I've use the bamboo cutting boards,got them at big lots, and they make nice SS material. They are light strong and finish like glass. Good looking SS.


----------



## S.S. sLinGeR (Oct 17, 2013)

Great work!


----------



## TSM (Oct 8, 2013)

That's great work! Swells in all the right places.


----------



## Tentacle Toast (Jan 17, 2013)

Very nice, man...well done!


----------



## Flatband (Dec 18, 2009)

Good name for a very sharp looking frame!


----------



## Barky Bow (Jun 14, 2014)

Sweeeeeeet!!!!!.
That is a very interesting looking shooter. Nice work man.


----------



## TSM (Oct 8, 2013)

I keep coming back the this one. Love that purple.


----------



## Lee Silva (Feb 9, 2013)

WhoooWooooo!!


----------



## Byudzai (Aug 31, 2013)

Thanks guys!

I've been beating the tar out of this washer at 11 yards. The swells give me a lot of hand contact and stability.


----------



## devils son in law (Sep 2, 2014)

Very cool, Byud......but that poor washer!


----------



## carboncopy (Jan 14, 2014)

Love the looks of the spectraply!

Looks really ergonomic!


----------



## Crimson Owl (Jun 29, 2014)

That is awesome!


----------



## Susi (Mar 3, 2013)

Maximum ergo, minimum size/weight, maximun eye appeal. This is an eye pleasing SS for sure.
What more would one want? Great creative skills, man.

chuck


----------



## rockslinger (Nov 16, 2010)

Great looking shooter man,you've beat the tar out of that washer!


----------



## Devoman (Oct 15, 2010)

Sweet, your best work yet!


----------



## leon13 (Oct 4, 2012)

so cool looks really fitting your hand just right

cheers


----------



## Byudzai (Aug 31, 2013)

you guys really are amazing! I love this forum.
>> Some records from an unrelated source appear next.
-- ===== src/Threads/Life/Frames.antt =====
-- The words that thread_create lays on the stack of a new thread.
use pintos_project.Base.{ℕ, ◌+◌, ◌-◌, ◌%◌, ◌^◌, ◌≤◌, ◌<◌, ◌≡◌, ap, ◌∙◌, ◌⊎◌, inl, inr, arith}
use pintos_project.Palloc.{Memory}
use pintos_project.Paging.{load32, store32}
use pintos_project.Paging.Words.{load32-store32_mod}
use pintos_project.Threads.Life.{push_frames}

-- The stack of a new thread, from the end of its page down: the frame of kernel_thread with a return
-- address 0, the function and its argument; that of switch_entry, which returns to kernel_thread; and
-- that of switch_threads, which returns to switch_entry with ebp 0. The other words are kept.
pub record HasFrames (kernel_thread switch_entry t function aux : ℕ) (m m' : Memory) : Type 0 where
  pub aux_word : load32 m' (t + 4092) ≡ aux % 2 ^ 32
  pub function_word : load32 m' (t + 4088) ≡ function % 2 ^ 32
  pub no_return : load32 m' (t + 4084) ≡ 0
  pub entry_return : load32 m' (t + 4080) ≡ kernel_thread % 2 ^ 32
  pub switch_return : load32 m' (t + 4068) ≡ switch_entry % 2 ^ 32
  pub ebp : load32 m' (t + 4060) ≡ 0
  pub kept : (a : ℕ) → (a < t + 4060) ⊎ (t + 4096 ≤ a) → m'.bytes a ≡ m.bytes a

-- A word that a store does not touch.
load32-store32_apart :
    (m : Memory) (a b v : ℕ) → (b + 4 ≤ a) ⊎ (a + 4 ≤ b) → load32 (store32 a v m) b ≡ load32 m b
unfolding load32 store32
load32-store32_apart m a b v h = ground (arith, h)

byte-store32_apart :
    (m : Memory) (a b v : ℕ) → (b < a) ⊎ (a + 4 ≤ b) → (store32 a v m).bytes b ≡ m.bytes b
unfolding store32
byte-store32_apart m a b v h = ground (arith, h)

-- The words behind one store more.
below : {w : ℕ} (m : Memory) (a b v : ℕ) → b + 4 ≤ a → load32 m b ≡ w → load32 (store32 a v m) b ≡ w
below {w} m a b v h e = load32-store32_apart m a b v (inl h) ∙ e

above : {w b : ℕ} (m : Memory) (a v : ℕ) → a + 4 ≤ b → load32 m b ≡ w → load32 (store32 a v m) b ≡ w
above {w} {b} m a v h e = load32-store32_apart m a b v (inr h) ∙ e

module _ (kernel_thread switch_entry t function aux : ℕ) (m : Memory) where
  s0 : Memory
  s0 = store32 (t + 4096 - 12) 0 m

  s1 : Memory
  s1 = store32 (t + 4096 - 12 + 4) function s0

  s2 : Memory
  s2 = store32 (t + 4096 - 12 + 8) aux s1

  s3 : Memory
  s3 = store32 (t + 4096 - 12 - 4) kernel_thread s2

  s4 : Memory
  s4 = store32 (t + 4096 - 12 - 4 - 28 + 16) switch_entry s3

  s5 : Memory
  s5 = store32 (t + 4096 - 12 - 4 - 28 + 8) 0 s4

  at_place : {a b w : ℕ} → a ≡ b → load32 s5 b ≡ w → load32 s5 a ≡ w
  at_place p e = ap (load32 s5) p ∙ e

  -- What is above the frames of switch_entry and switch_threads stays behind the last three stores.
  behind : {b w : ℕ} → t + 4084 ≤ b → load32 s2 b ≡ w → load32 s5 b ≡ w
  unfolding s5 s4 s3
  behind h e = above s4 (t + 4096 - 12 - 4 - 28 + 8) 0 (omega (arith, h)) (
      above s3 (t + 4096 - 12 - 4 - 28 + 16) switch_entry (omega (arith, h))
        (above s2 (t + 4096 - 12 - 4) kernel_thread (omega (arith, h)) e))

  pushed-HasFrames : HasFrames kernel_thread switch_entry t function aux m s5
  unfolding s5 s4 s3 s2 s1 s0
  pushed-HasFrames = record {
    aux_word =
        at_place (omega arith)
          (behind (omega arith) (load32-store32_mod s1 (t + 4096 - 12 + 8) aux));
    function_word = at_place (omega arith) (
        behind (omega arith) (
          below s1 (t + 4096 - 12 + 8) _ aux (omega arith)
            (load32-store32_mod s0 (t + 4096 - 12 + 4) function)));
    no_return = at_place (omega arith) (
        behind (omega arith) (
          below s1 (t + 4096 - 12 + 8) _ aux (omega arith) (
            below s0 (t + 4096 - 12 + 4) _ function (omega arith)
              (load32-store32_mod m (t + 4096 - 12) 0))));
    entry_return = at_place (omega arith) (
        above s4 (t + 4096 - 12 - 4 - 28 + 8) 0 (omega arith) (
          above s3 (t + 4096 - 12 - 4 - 28 + 16) switch_entry (omega arith)
            (load32-store32_mod s2 (t + 4096 - 12 - 4) kernel_thread)));
    switch_return = at_place (omega arith) (
        above s4 (t + 4096 - 12 - 4 - 28 + 8) 0 (omega arith)
          (load32-store32_mod s3 (t + 4096 - 12 - 4 - 28 + 16) switch_entry));
    ebp = at_place (omega arith) (load32-store32_mod s4 (t + 4096 - 12 - 4 - 28 + 8) 0);
    kept = λ a out.
        byte-store32_apart s4 (t + 4096 - 12 - 4 - 28 + 8) a 0 (omega (arith, out))
        ∙ byte-store32_apart s3 (t + 4096 - 12 - 4 - 28 + 16) a switch_entry (omega (arith, out))
        ∙ byte-store32_apart s2 (t + 4096 - 12 - 4) a kernel_thread (omega (arith, out))
        ∙ byte-store32_apart s1 (t + 4096 - 12 + 8) a aux (omega (arith, out))
        ∙ byte-store32_apart s0 (t + 4096 - 12 + 4) a function (omega (arith, out))
        ∙ byte-store32_apart m (t + 4096 - 12) a 0 (omega (arith, out));
  }

pub push_frames-HasFrames :
    (kernel_thread switch_entry t function aux : ℕ) (m : Memory)
    → HasFrames kernel_thread switch_entry t function aux m
        (push_frames kernel_thread switch_entry t function aux m)
unfolding push_frames s5 s4 s3 s2 s1 s0
push_frames-HasFrames kernel_thread switch_entry t function aux m =
    pushed-HasFrames kernel_thread switch_entry t function aux m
this shooter is knobby but overall still pretty small and pocketable:










Spectraply is fun because you can "paint with the sander" and make the dominant color stripes travel right where you want them. I tried to ring each major surface with a line of purple.


----------



## TLG_Catapults (May 5, 2014)

This is cool , I have never trusted spectraply . Im scared itl split down the middle .


----------



## Wild Bill Slingshots (Nov 23, 2014)

"It was a one eyed, one horned, flyin' purple people shooter!"

-Wild Bill


----------



## DogBox (Aug 11, 2014)

Just out of curiosity, how does the 'Girl' like it? The rest of us love it! :banana:


----------



## Byudzai (Aug 31, 2013)

Hahahaha I almost posted it without a name to see what people would come up with, but I had a hunch everybody would have come up with exactly that, Wild Bill!

DogBox, the lady wanted it but I need to make one a little smaller still to fit her hand.

Dankungmaster, I don't trust straight spectraply anymore either, but with the bamboo laminate I think it's a lot less likely to split.


----------



## NaturalFork (Jan 21, 2010)

There is nothing not to like about this one. Good stuff.


----------



## Tag (Jun 11, 2014)

Not only is it sharp looking, looks like a perfect fit. Great job


----------



## MagicTorch100 (Jun 4, 2013)

A really cool design, I like the attachment method. I don't know if you can get it but a black and red version would ooze menace.

Excellent work


----------